6.3. Company characteristics that restrict earnings management

Two recent evolutions in business communication and business ethics might decrease the occurrence
of earnings management.
Wasley and Wu (2006) documented that management not only forecasts earnings, but also cash flow
to meet the demand of investors. In doing so, they ‘precommit to a certain composition of earnings,
thus reducing the degree of freedom in earnings management.’
Klein (2002) examined whether audit committee characteristics and board characteristics are
associated with earnings management. She found that there is a negative relation between the
independence of both and the presence of abnormal accruals.

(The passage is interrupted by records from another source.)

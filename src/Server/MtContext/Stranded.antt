-- ===== src/Server/MtContext/Stranded.antt =====
-- What becomes of pending messages when the scheduler handles `Done` before the task that sent it has
-- dropped the lock (server/src/mt_context.rs).
use shamichan.Prelude.{◌≡◌, refl, List, [], ◌∷◌, none, some, Bool, true, false}
use shamichan.Server.MtContext.{ActorState, handle_done, try_run_pending}
use shamichan.Server.MtContext.System.{System, Outcome, Event, step, run}

module _ {ℓ} {M : Type ℓ} where
  -- Nothing happens of itself any more: no task runs or holds the lock, and no `Done` is to come.
  abbrev pub IsIdle : System M → Type ℓ
  IsIdle x =
      ((o : Outcome) → step (Event.handles o) x ≡ none)
      × (step Event.finishes x ≡ none)
      × (step Event.releases x ≡ none)
      × (step Event.receives x ≡ none)

  -- The task has sent `Done` behind its whole batch, and the scheduler runs.
  abbrev pub sent_done : Bool → Bool → Bool → List M → List M → System M
  sent_done own left locked pending handled = record {
    scheduler = record { state = ActorState.running; stopped_self = own; pending = pending };
    locked = locked;
    task = none;
    mailbox = record { unprocessed = []; stopped_self = left } ∷ [];
    handled = handled;
    terminated = false;
  }

  -- A task has sent `Done`, still holds the lock, and messages are pending. Where the scheduler
  -- handles `Done` before the lock is dropped, they stay pending, and nothing is left to happen that
  -- would have them handled, until another message is queued; where the lock is dropped first, all of
  -- them go to a new task.
  pub stranded :
      (own left : Bool) (m : M) (pending handled : List M)
      → let x = sent_done own left true (m ∷ pending) handled in
        let y = record x { locked = false; mailbox = [] } in
        let z : System M = record x {
          scheduler = record x.scheduler { pending = [] };
          task = some (record { rest = m ∷ pending; stopped_self = false; leaves = false });
          mailbox = [];
        } in
        (run (Event.receives ∷ Event.releases ∷ []) x ≡ some y)
        × IsIdle y
        × (run (Event.releases ∷ Event.receives ∷ []) x ≡ some z)
  unfolding run step try_run_pending handle_done
  stranded own left m pending handled = (refl, ((λ o. refl), refl, refl, refl), refl)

Kim and Yi (2006) found evidence on the association of ownership structure, group affiliation and
listing status with earnings management. They documented that when ownership becomes more
disperse, firms tend to engage more in earnings management, measured by the magnitude of unsigned
discretionary accruals. This is also the case when the company is part of a business group and is
publicly traded.

7. Methodological issues and analytical models

7.1 Most frequently used models and methods to detect earnings management

The most important ‘flaw’ of earnings management research stems from the fact that earnings
management and managerial intent aren’t directly observable. Researchers use different methods to try
to detect earnings management.

Many empirical studies use the hypothesis of accruals manipulation to detect earnings management.
Since accounting manipulation is said to be less costly than real transactions earnings management
(because it doesn’t affect cash flow and it doesn’t impede growth of a company), researchers have
focused on accounting methods (cf. category 2). Within the different accounting manipulation
methods available, accruals seem to be the favorite instrument. Accruals management is less obvious
and detectable than, for example, changing accounting methods that have to be explained in the
financial statements of the company. The accruals that are thought to be manipulated are most often
referred to as discretionary accruals (or also unexpected or abnormal accruals).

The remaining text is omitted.